[Collected data entries]
-- ===== src/Pgcluster/Examples/Roles.antt =====
-- Tests of detecting and naming the writer, and of starting a manager.
use svckit.Base.{
  ℕ, zero, suc, ◌<◌, ◌≡◌, refl, true, false, List, [], ◌∷◌, none, some, ◌==◌, ok, err, All, arith,
  get_elem?, if◌then◌else◌,
}
use svckit.Base.Int.{pos}
use svckit.Base.Text.{codes, text_eq}
use svckit.Pgcluster.Node.{
  DatabaseNode, ClusterConfig, ClusterManager, role_writer, role_reader, strategy_probe, is_healthy,
}
use svckit.Pgcluster.Routing.{
  is_circuit_open, writer, reader, get_healthy_readers, readers_from, exchange_sort, sort_fuel,
  no_healthy_writer,
}
use svckit.Pgcluster.Routing.Reads.{Serves}
use svckit.Pgcluster.Connect.{
  Dial, connect_to_node, open_loop, fresh_node, initialize_nodes, connect_all, cluster_nodes,
  has_healthy_nodes,
}
use svckit.Pgcluster.Connect.Laws.{IsSound}
use svckit.Pgcluster.Detect.{
  Survey, detect_writer, set_writer_node, find_node, set_role, map_indexed,
}
use svckit.Pgcluster.Detect.Laws.{detect_writer-writer}
use svckit.Pgcluster.Detect.Named.{set_writer_node-writer}
use svckit.Pgcluster.Config.{set_defaults, validate}
use svckit.Pgcluster.Manager.{fresh_manager, new_cluster_manager}
use svckit.Pgcluster.Manager.Laws.{new_cluster_manager-Serves}
use svckit.Pgcluster.Examples.{node_w, node_r, settings, pair}

-- The second node has become the primary.
abbrev failed_over : Survey
failed_over = record { ips = none; queries = λ i. some (i == 1); probes = λ i. i == 1 }

below : (j : ℕ) → j < 1 → some (j == 1) ≡ some false
below zero h = refl
below (suc j) h = absurd (omega arith)

detect_writer-writer_example :
    (writer 5 (record pair { nodes = detect_writer settings failed_over pair.nodes })).1
    ≡ ok (some 8)
unfolding is_circuit_open
detect_writer-writer_example =
    detect_writer-writer 5 1 pair failed_over node_r refl refl refl refl refl
      (λ j m l g a. below j l)

abbrev probing : ClusterManager
probing = record pair { config = record settings { writer_detection_strategy = strategy_probe } }

renamed : List DatabaseNode
renamed =
    record node_w { role = role_reader; priority = pos 1 }
    ∷ record node_r { role = role_writer; priority = pos 0 }
    ∷ []

set_writer_node-writer_example :
    (k : ℕ) × (n : DatabaseNode) × (get_elem? pair.nodes k ≡ some n)
    × (text_eq n.name (codes "r") ≡ true)
    × ((writer 5 (record pair { nodes = renamed })).1
        ≡ (if is_healthy n.health then ok n.sql_db else err no_healthy_writer))
unfolding is_circuit_open renamed set_writer_node find_node set_role map_indexed
set_writer_node-writer_example =
    set_writer_node-writer 5 pair (codes "r") renamed
      ((λ _. refl, λ _. refl), ((λ _. refl, λ _. refl), tt)) refl refl

abbrev answers : Dial
answers = record { opens = λ i. ok 9; draws = λ i. 0; ping = none; now = 100 }

abbrev alone : ClusterConfig
alone = record settings { reader_urls = [] }

abbrev alone_started : ClusterManager
alone_started = fresh_manager (set_defaults alone) (
    record (fresh_node alone.writer_url (codes "writer-primary") role_writer 0) {
      sql_db = some 9;
      last_check = 100;
    }
    ∷ [])

new_cluster_manager-Serves_example :
    (alone_started.config ≡ set_defaults alone)
    × (validate alone_started.config ≡ none)
    × All IsSound alone_started.nodes
    × Serves alone_started (reader 5 6 0 alone_started)
unfolding new_cluster_manager initialize_nodes connect_all connect_to_node open_loop
    has_healthy_nodes cluster_nodes get_healthy_readers exchange_sort sort_fuel readers_from
new_cluster_manager-Serves_example =
    new_cluster_manager-Serves alone (λ i. answers) alone_started 5 6 0 refl (omega arith)
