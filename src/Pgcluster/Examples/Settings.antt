-- ===== src/Pgcluster/Examples/Settings.antt =====
-- Tests of the configuration, and its theorems at concrete environments and URLs.
use svckit.Base.{◌≡◌, refl, [], none, err, if◌then◌else◌}
use svckit.Base.Text.{Text, codes, text_eq, has_prefix}
use svckit.Base.Text.Laws.{lacks-Without}
use svckit.Pgcluster.Config.{
  load_config_from_env, max_idle_out_of_range, positive_or, load_settings,
}
use svckit.Pgcluster.Urls.{Env, mask_url}
use svckit.Pgcluster.Config.Laws.{load_config_from_env_lem}
use svckit.Pgcluster.Config.Mask.{mask_url-masked}

-- An environment that sets one variable.
abbrev only : Text → Text → Env
only key value = λ k. if text_eq k key then value else []

-- Five open connections are fewer than the ten idle ones of the default.
load_config_from_env_example :
    load_config_from_env (only (codes "DB_MAX_OPEN_CONNS") (codes "5")) (λ s. none) (codes "svc")
    ≡ err max_idle_out_of_range
unfolding text_eq positive_or load_settings
load_config_from_env_example =
    load_config_from_env_lem (only (codes "DB_MAX_OPEN_CONNS") (codes "5")) (λ s. none)
      (codes "svc")

mask_url-masked_example :
    mask_url (codes "postgres://app:pw@db/x") ≡ codes "postgres://app:***@db/x"
unfolding has_prefix
mask_url-masked_example =
    mask_url-masked (codes "postgres") (codes "app") (codes "pw") (codes "db/x")
      (lacks-Without 58 (codes "postgres") refl) (lacks-Without 64 (codes "postgres") refl)
      (lacks-Without 58 (codes "app") refl) (lacks-Without 64 (codes "app") refl)
      (lacks-Without 64 (codes "pw") refl) (refl, (refl, (refl, (refl, (refl, (refl, tt))))))
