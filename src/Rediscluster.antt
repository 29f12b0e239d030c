-- ===== src/Rediscluster.antt =====
-- Package rediscluster: an operation on one of several Redis nodes, with failover and health checks.
pub mod Node
pub mod Execute
pub mod Health
pub mod Urls
pub mod Config
pub mod Adapter
pub mod Reports
mod Examples
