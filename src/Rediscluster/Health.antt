-- ===== src/Rediscluster/Health.antt =====
-- The health checks of rediscluster/health.go and the connection that they retry. A function that
-- locks a node's mutex takes what its caller holds already.
pub mod Laws
pub mod Primary
use svckit.Base.{
  ℕ, suc, ◌*◌, ◌==◌, Bool, true, false, ◌&&◌, List, [], ◌∷◌, Option, none, some, if◌then◌else◌,
  modify, get_elem?,
}
use svckit.Base.Int.{pos, ltb_ℤ, sub_ℕ}
use svckit.Base.Run.{Run, done, blocked, ◌>>=◌}
use svckit.Base.Text.{Text}
use svckit.Rediscluster.Node.{
  NodeState, node_healthy, node_degraded, node_failed, RedisNode, ClusterAdapter, is_healthy,
  is_usable,
}

-- What `connectToNode` meets: an error of the URL, or else the new client and its ping.
pub record Link : Type 0 where
  pub parse_error : Option Text
  pub new_client : ℕ
  pub ping_error : Option Text
  pub now : ℕ
  pub latency : ℕ

unfoldable pub link_up : Link → RedisNode → RedisNode × Option Text
link_up l node = elim l.parse_error [
  | some e ↦ (record node { state = node_failed; last_error = some e; last_check = l.now }, some e)
  | none ↦ elim l.ping_error [
    | some e ↦ (
      record node {
        state = node_failed;
        last_error = some e;
        last_check = l.now;
        error_count = suc node.error_count;
      },
      some e,
    )
    | none ↦ (
      record node {
        client = some l.new_client;
        state = node_healthy;
        last_error = none;
        last_check = l.now;
        last_latency = l.latency;
      },
      none,
    )
  ]
]

-- `connectToNode(node)`
unfoldable pub connect_to_node : Bool → Link → RedisNode → Run (RedisNode × Option Text)
unfolding link_up
connect_to_node held l node = if held then blocked else done (link_up l node)

-- A loop over the nodes that locks each one and stops at the first that passes; `held` is the node
-- whose mutex the caller holds.
unfoldable pub scan : (RedisNode → Bool) → ℕ → ℕ → List RedisNode → Run (Option RedisNode)
scan test held i [] = done none
scan test held i (n ∷ ns) =
    let rest = scan test held (suc i) ns in
    if i == held then blocked else (if test n then done (some n) else rest)

abbrev pub has_client : ℕ → Option ℕ → Bool
has_client p none = false
has_client p (some c) = c == p

-- The first loop of `updatePrimaryClient`.
unfoldable pub kept_primary : ℕ → List RedisNode → Option ℕ → Run (Option RedisNode)
unfolding scan
kept_primary held nodes none = done none
kept_primary held nodes (some p) =
    scan (λ n. has_client p n.client && is_healthy n.state) held 0 nodes

abbrev pub client_of : Option RedisNode → Option ℕ
client_of none = none
client_of (some n) = n.client

unfoldable pub choose_primary : ℕ → ClusterAdapter → Option RedisNode → Run ClusterAdapter
unfolding scan
choose_primary held ca (some n) = done ca
choose_primary held ca none = do
  found ← scan is_usable held 0 ca.nodes
  done (record ca { primary_client = client_of found })

-- `updatePrimaryClient()`
unfoldable pub update_primary_client : ℕ → ClusterAdapter → Run ClusterAdapter
unfolding kept_primary choose_primary
update_primary_client held ca = do
  kept ← kept_primary held ca.nodes ca.primary_client
  choose_primary held ca kept

-- What one check meets: the clock at its start and after the ping, the ping and its latency.
pub record Checkup : Type 0 where
  pub now : ℕ
  pub later : ℕ
  pub ping : Option Text
  pub latency : ℕ
  pub link : Link

abbrev pub second : ℕ
second = 1000000000

abbrev pub put_node : ℕ → RedisNode → ClusterAdapter → ClusterAdapter
put_node k node ca = record ca { nodes = modify k (λ _. node) ca.nodes }

abbrev pub recovered : RedisNode → RedisNode
recovered node = record node { state = node_healthy; error_count = 0 }

-- The end of `checkNodeHealth`, by the state of the node that answered.
unfoldable pub after_ping :
    ℕ → Checkup → RedisNode → NodeState → ClusterAdapter → Run ClusterAdapter
unfolding update_primary_client
after_ping k x node node_healthy ca = done (put_node k node ca)
after_ping k x node node_degraded ca =
    if ltb_ℤ ca.config.circuit_breaker_timeout (sub_ℕ x.later node.last_check)
    then done (put_node k (recovered node) ca)
    else done (put_node k node ca)
after_ping k x node node_failed ca = update_primary_client k (put_node k (recovered node) ca)

reconnected : ℕ → Checkup → RedisNode → ClusterAdapter → Run ClusterAdapter
unfolding connect_to_node
reconnected k x node ca = do r ← connect_to_node true x.link node; done (put_node k r.0 ca)

unfoldable pub ping_client :
    ℕ → Checkup → RedisNode → Option Text → ClusterAdapter → Run ClusterAdapter
unfolding after_ping reconnected
ping_client k x node none ca =
    after_ping k x (record node { last_latency = x.latency }) node.state ca
ping_client k x node (some e) ca =
    reconnected k x
      (record node {
        error_count = suc node.error_count;
        last_error = some e;
        state = if is_healthy node.state then node_failed else node.state;
        client = none;
      })
      ca

unfoldable pub check_client :
    ℕ → Checkup → RedisNode → Option ℕ → ClusterAdapter → Run ClusterAdapter
unfolding ping_client reconnected
check_client k x node none ca = reconnected k x node ca
check_client k x node (some c) ca = ping_client k x node x.ping ca

-- `checkNodeHealth(node)` for node `k`, whose mutex it holds throughout.
unfoldable pub check_node_health : ℕ → Checkup → RedisNode → ClusterAdapter → Run ClusterAdapter
unfolding check_client
check_node_health k x node ca =
    if ltb_ℤ (sub_ℕ x.now node.last_check) (pos (10 * second))
    then done ca
    else check_client k x (record node { last_check = x.now }) node.client ca

-- Checks of node `k`, one after the other.
unfoldable pub check_often : ℕ → List Checkup → ClusterAdapter → Run ClusterAdapter
unfolding check_node_health
check_often k [] ca = done ca
check_often k (x ∷ xs) ca = elim (get_elem? ca.nodes k) [
  | none ↦ done ca
  | some node ↦ do ca' ← check_node_health k x node ca; check_often k xs ca'
]
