-- ===== src/Rediscluster/Adapter.antt =====
-- Building and closing a cluster, in rediscluster/adapter.go. The clock and the links
-- are given for each node by its index; `closes` is what closing a client comes to. The logger and
-- the goroutine of the health checks are left out.
pub mod Laws
pub mod Ready
use svckit.Base.{
  ℕ, suc, ◌+◌, ◌==◌, false, List, [], ◌∷◌, ◌++◌, Option, none, some, if◌then◌else◌, get_elem?,
  Result, ok, err,
}
use svckit.Base.Int.{ℤ, pos, negsuc}
use svckit.Base.Run.{Run, done, ◌>>=◌}
use svckit.Base.Text.{Text, codes, text_eq, itoa}
use svckit.Rediscluster.Node.{node_failed, RedisNode, ClusterConfig, ClusterAdapter, is_usable}
use svckit.Rediscluster.Health.{Link, connect_to_node, client_of}

-- Node `i` before it is connected.
unfoldable pub new_node : ℕ → ℕ → Text → RedisNode
unfolding itoa
new_node i now url = record {
  url = url;
  name = codes "node-" ++ itoa i;
  client = none;
  state = node_failed;
  last_error = none;
  last_check = now;
  last_latency = 0;
  ops_count = 0;
  error_count = 0;
}

unfoldable pub new_nodes : (ℕ → ℕ) → ℕ → List Text → List RedisNode
unfolding new_node
new_nodes clock i [] = []
new_nodes clock i (url ∷ urls) = new_node i (clock i) url ∷ new_nodes clock (suc i) urls

-- The nodes after `connectToAllNodes`, how many of them connected, and the last error.
abbrev pub Connected : Type 0
Connected = List RedisNode × ℕ × Option Text

abbrev pub with_node : RedisNode → Connected → Connected
with_node n (ns, healthy, last) = (n ∷ ns, healthy, last)

abbrev pub counted : Option Text → ℕ → ℕ
counted none healthy = suc healthy
counted (some e) healthy = healthy

abbrev pub last_of : Option Text → Option Text → Option Text
last_of none last = last
last_of (some e) last = some e

-- The loop of `connectToAllNodes` from node `i`.
unfoldable pub connect_from : (ℕ → Link) → ℕ → ℕ → Option Text → List RedisNode → Run Connected
unfolding connect_to_node
connect_from links i healthy last [] = done ([], healthy, last)
connect_from links i healthy last (n ∷ ns) = do
  r ← connect_to_node false (links i) n
  rest ← connect_from links (suc i) (counted r.1 healthy) (last_of r.1 last) ns
  done (with_node r.0 rest)

pub data AdapterError : Type 0 where
  node_url_required : AdapterError
  not_connected : Option Text → AdapterError

-- `connectToAllNodes()`
unfoldable pub connect_to_all_nodes :
    (ℕ → Link) → List RedisNode → Run (List RedisNode × Option AdapterError)
unfolding connect_from
connect_to_all_nodes links ns = do
  c ← connect_from links 0 0 none ns
  done (c.0, (if c.1 == 0 then some (not_connected c.2) else none))

-- `getFirstHealthyNode()`
unfoldable pub get_first_healthy_node : List RedisNode → Option RedisNode
get_first_healthy_node [] = none
get_first_healthy_node (n ∷ ns) =
    let rest = get_first_healthy_node ns in if is_usable n then some n else rest

abbrev pub adapter_of : ClusterConfig → List RedisNode → ClusterAdapter
adapter_of c ns = record {
  config = c;
  nodes = ns;
  node_index = 0;
  primary_client = client_of (get_first_healthy_node ns);
}

abbrev pub built :
    ClusterConfig → List RedisNode × Option AdapterError → Result AdapterError ClusterAdapter
built c (ns, some e) = err e
built c (ns, none) = ok (adapter_of c ns)

-- `NewClusterAdapter(config)`, for the URLs of the configuration.
unfoldable pub adapter_from :
    ClusterConfig → (ℕ → ℕ) → (ℕ → Link) → List Text → Run (Result AdapterError ClusterAdapter)
unfolding connect_to_all_nodes new_nodes get_first_healthy_node
adapter_from c clock links [] = done (err node_url_required)
adapter_from c clock links (url ∷ urls) = do
  r ← connect_to_all_nodes links (new_nodes clock 0 (url ∷ urls))
  done (built c r)

unfoldable pub new_cluster_adapter :
    ClusterConfig → (ℕ → ℕ) → (ℕ → Link) → Run (Result AdapterError ClusterAdapter)
unfolding adapter_from
new_cluster_adapter c clock links = adapter_from c clock links c.node_urls

-- `MarkNodeFailed(nodeURL)`: the first node of that URL.
unfoldable pub mark_failed : Text → List RedisNode → List RedisNode
unfolding text_eq
mark_failed url [] = []
mark_failed url (n ∷ ns) =
    let rest = mark_failed url ns in
    if text_eq n.url url then record n { state = node_failed } ∷ ns else n ∷ rest

unfoldable pub mark_node_failed : Text → ClusterAdapter → ClusterAdapter
unfolding mark_failed
mark_node_failed url ca = record ca { nodes = mark_failed url ca.nodes }

-- `GetNodeByIndex(index)`
unfoldable pub get_node_by_index : ℤ → ClusterAdapter → Option RedisNode
get_node_by_index (pos i) ca = get_elem? ca.nodes i
get_node_by_index (negsuc i) ca = none

abbrev pub close_error : Text → Option Text → List (Text × Text)
close_error name none = []
close_error name (some e) = (name, e) ∷ []

abbrev pub close_node : (ℕ → Option Text) → RedisNode → Option ℕ → List (Text × Text)
close_node closes n none = []
close_node closes n (some c) = close_error n.name (closes c)

-- `Close()`: the errors that it joins, each with the name of its node.
unfoldable pub close : (ℕ → Option Text) → List RedisNode → List (Text × Text)
close closes [] = []
close closes (n ∷ ns) = close_node closes n n.client ++ close closes ns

■ Required work: Look above for the line holding "unfolding link_up" and the line holding "abbrev pub has_client : ℕ → Option ℕ → Bool", then output exactly those two lines and every line between them, nothing more.

■ Answer for this exercise:
unfolding link_up
connect_to_node held l node = if held then blocked else done (link_up l node)

-- A loop over the nodes that locks each one and stops at the first that passes; `held` is the node
-- whose mutex the caller holds.
unfoldable pub scan : (RedisNode → Bool) → ℕ → ℕ → List RedisNode → Run (Option RedisNode)
scan test held i [] = done none
scan test held i (n ∷ ns) =
    let rest = scan test held (suc i) ns in
    if i == held then blocked else (if test n then done (some n) else rest)

abbrev pub has_client : ℕ → Option ℕ → Bool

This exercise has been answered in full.